Input data:

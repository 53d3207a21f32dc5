-- ===== src/Rules/Shadow/Refines.antt =====
-- What ShadowRuleEvaluator.dispatch promises, and what it counts
-- (pipelines/scoring/rules/evaluator.py).
use mathlib.Core.List.{append-nil, append_assoc}
use fraudstream.Prelude.{ℕ, String, ◌≡◌, refl, List, [], ◌∷◌, ◌++◌, Option, none, some, arith}
use fraudstream.Prelude.Int.{ℤ}
use fraudstream.Prelude.Results.{Result, ok, err}
use fraudstream.Value.{PyError, Record}
use fraudstream.Rules.Model.{RuleDefinition, family_value}
use fraudstream.Rules.Metrics.{evaluation}
use fraudstream.Rules.Evaluator.{EvaluationResult, Scan, start, count_up, determine, highest}
use fraudstream.Rules.Outcome.{fires_shadow, first_error, select, rule_ids, severities}
use fraudstream.Rules.Outcome.Loop.{as_result}
use fraudstream.Rules.Shadow.{
  shadow_rules, record_shadow_match, scan_shadow, finish_shadow, summarise_shadow, dispatch_shadow,
}

module _ (decimal_text : String → Option ℤ) where
  abbrev pub shadow_outcome : List RuleDefinition → ℕ → Record → EvaluationResult
  shadow_outcome rules now txn =
      let quiet = select (fires_shadow decimal_text txn) rules in
      record {
        determination = determine (rule_ids quiet);
        matched_rules = rule_ids quiet;
        highest_severity = highest (severities quiet);
        evaluation_timestamp = now;
        missing_fields = [];
      }

  abbrev pub specified_shadow : List RuleDefinition → ℕ → Record → Result PyError EvaluationResult
  specified_shadow rules now txn = elim (first_error decimal_text txn (shadow_rules rules)) [
    | some e ↦ err e
    | none ↦ ok (shadow_outcome rules now txn)
  ]

  module _ (txn : Record) where
    scan_shadow-result :
        (rules : List RuleDefinition) (s : Scan)
        → (scan_shadow decimal_text txn (shadow_rules rules) s).0
          ≡ as_result (first_error decimal_text txn (shadow_rules rules))
    unfolding scan_shadow shadow_rules first_error
    scan_shadow-result [] s = refl
    scan_shadow-result (r ∷ rules) s =
        let s' = count_up (evaluation r.rule_id (family_value r.family)) s in
        ground (
          arith,
          scan_shadow-result rules s,
          scan_shadow-result rules s',
          scan_shadow-result rules (record_shadow_match r s'),
        )

    scan_shadow-matched :
        (rules : List RuleDefinition) (s : Scan)
        → first_error decimal_text txn (shadow_rules rules) ≡ none
        → let quiet = select (fires_shadow decimal_text txn) rules in
          let scan = (scan_shadow decimal_text txn (shadow_rules rules) s).1 in
          (scan.shadow_matched ≡ s.shadow_matched ++ rule_ids quiet)
          × (scan.triggered_severities ≡ s.triggered_severities ++ severities quiet)
    unfolding scan_shadow shadow_rules first_error record_shadow_match
    scan_shadow-matched [] s h = (rw append-nil refl, rw append-nil refl)
    scan_shadow-matched (r ∷ rules) s h =
        let s' = count_up (evaluation r.rule_id (family_value r.family)) s in
        let quiet = select (fires_shadow decimal_text txn) rules in
        ground (
          arith,
          scan_shadow-matched rules s,
          scan_shadow-matched rules s',
          scan_shadow-matched rules (record_shadow_match r s'),
          append_assoc s.shadow_matched (r.rule_id ∷ []) (rule_ids quiet),
          append_assoc s.triggered_severities (r.severity ∷ []) (severities quiet),
        )

  -- For every rule list, clock value and transaction, the shadow evaluator returns the outcome that
  -- the enabled shadow rules which fire determine, or raises the exception of the first enabled
  -- shadow rule that raises.
  pub dispatch_shadow-eq-specified :
      (rules : List RuleDefinition) (now : ℕ) (txn : Record)
      → (dispatch_shadow decimal_text rules now txn).0 ≡ specified_shadow rules now txn
  unfolding dispatch_shadow finish_shadow summarise_shadow
  dispatch_shadow-eq-specified rules now txn =
      ground (arith, scan_shadow-result txn rules start, scan_shadow-matched txn rules start)
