-- ===== src/Pipeline/Standing.antt =====
-- verifier/pipeline/graph.go: what `Resolve` says of the node itself, stated without its walks: by the
-- strategies, the guards and the places of the node and its containers.
use mathlib.Core.Option.{some-injective}
use zero_trust_service.Common.{
  ◌≡◌, refl, ap, ◌∙◌, ◌↔◌, ◌⊎◌, true, false, Option, none, some, [], ◌∷◌, All, Some, arith,
}
use zero_trust_service.Pipeline.Model.{When}
use zero_trust_service.Pipeline.Graph.{
  StrategySpec, GraphNode, Pointer, info, is_rollback, is_excluded, has_strategy_in_chain,
  strategy_excluded,
}
use zero_trust_service.Pipeline.Resolve.{guard_of}

-- The node or a container declares a strategy.
abbrev pub Expands : Pointer → Type 0
Expands p = Some (λ n. (info n).strategy ≡ true) p

-- The strategy of the node or of a container excludes every combination.
abbrev pub Excludes : Pointer → Type 0
Excludes p = Some (λ n. (s : StrategySpec) × ((info n).strat ≡ some s) × (s.excluded ≡ true)) p

-- Each strategy of the node and its containers names its instances.
abbrev pub AllKnown : Pointer → Type 0
AllKnown p = All (λ n. (s : StrategySpec) → (info n).strat ≡ some s → s.known ≡ true) p

-- A guard above the node that runs first of what it guards: the node, and each container on the way up
-- to the guarded one, starts its parent. The guards of concurrent parents do not count.
pub data Above : Pointer → When → Type 0 where
  entered :
      {n parent : GraphNode} {up : Pointer} {w : When}
      → is_rollback n ≡ false
      → (info parent).concurrent ≡ false
      → (info n).index ≡ 0
      → (info parent).guard ≡ some w
      → Above (n ∷ parent ∷ up) w
  further :
      {n parent : GraphNode} {up : Pointer} {w : When}
      → is_rollback n ≡ false
      → ((info parent).concurrent ≡ true) ⊎ ((info n).index ≡ 0)
      → Above (parent ∷ up) w
      → Above (n ∷ parent ∷ up) w

-- The node stands at the entry of a rollback: it is the root of the rollback, or starts its parent,
-- which stands there.
pub data Entry : Pointer → Pointer → Type 0 where
  root : {n : GraphNode} {up : Pointer} → is_rollback n ≡ true → Entry (n ∷ up) (n ∷ up)
  starts :
      {n parent : GraphNode} {up rb : Pointer}
      → is_rollback n ≡ false
      → ((info parent).concurrent ≡ true) ⊎ ((info n).index ≡ 0)
      → Entry (parent ∷ up) rb
      → Entry (n ∷ parent ∷ up) rb

-- The rollback at whose entry the node stands is that of the whole pipeline, which runs in a plan of
-- its own.
abbrev pub SeparatePlan : Pointer → Type 0
SeparatePlan p =
    (rb : GraphNode) × (stage : GraphNode) × (up : Pointer) × Entry p (rb ∷ stage ∷ up)
    × ((info stage).pipeline_rollback ≡ true)

-- The node waits for any of its ancestors: its guard asks for a failure or for any status, or it
-- stands at the entry of a rollback.
abbrev pub OrJoined : Pointer → Type 0
OrJoined p =
    ((w : When) × (guard_of p ≡ some w) × ((w.status ≡ "Failure") ⊎ (w.status ≡ "All")))
    ⊎ ((rb : Pointer) × Entry p rb)

pub has_strategy_in_chain_iff : (p : Pointer) → (has_strategy_in_chain p ≡ true) ↔ Expands p
unfolding has_strategy_in_chain
has_strategy_in_chain_iff [] = (λ h. cc, λ h. absurd h)
has_strategy_in_chain_iff (n ∷ up) = ground (arith, has_strategy_in_chain_iff up)

pub strategy_excluded_iff : (p : Pointer) → (strategy_excluded p ≡ true) ↔ Excludes p
unfolding strategy_excluded is_excluded
strategy_excluded_iff [] = (λ h. cc, λ h. absurd h)
strategy_excluded_iff (n ∷ up) = ground (arith, by_spec (info n).strat, strategy_excluded_iff up)
  where
    by_spec :
        (o : Option StrategySpec)
        → (is_excluded o ≡ true) ↔ ((s : StrategySpec) × (o ≡ some s) × (s.excluded ≡ true))
    by_spec none = (λ h. cc, λ (s, e, h). cc)
    by_spec (some t) = (
      λ h. (t, refl, h),
      λ (s, e, h). ap (λ (x : StrategySpec). x.excluded) (some-injective _ _ e) ∙ h,
    )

Required action: Filter the records for the string "Core" and copy every line that holds it.

Answer to the exercise:
use mathlib.Core.List.{append-nil, append_assoc}
use mathlib.Core.Option.{some-injective}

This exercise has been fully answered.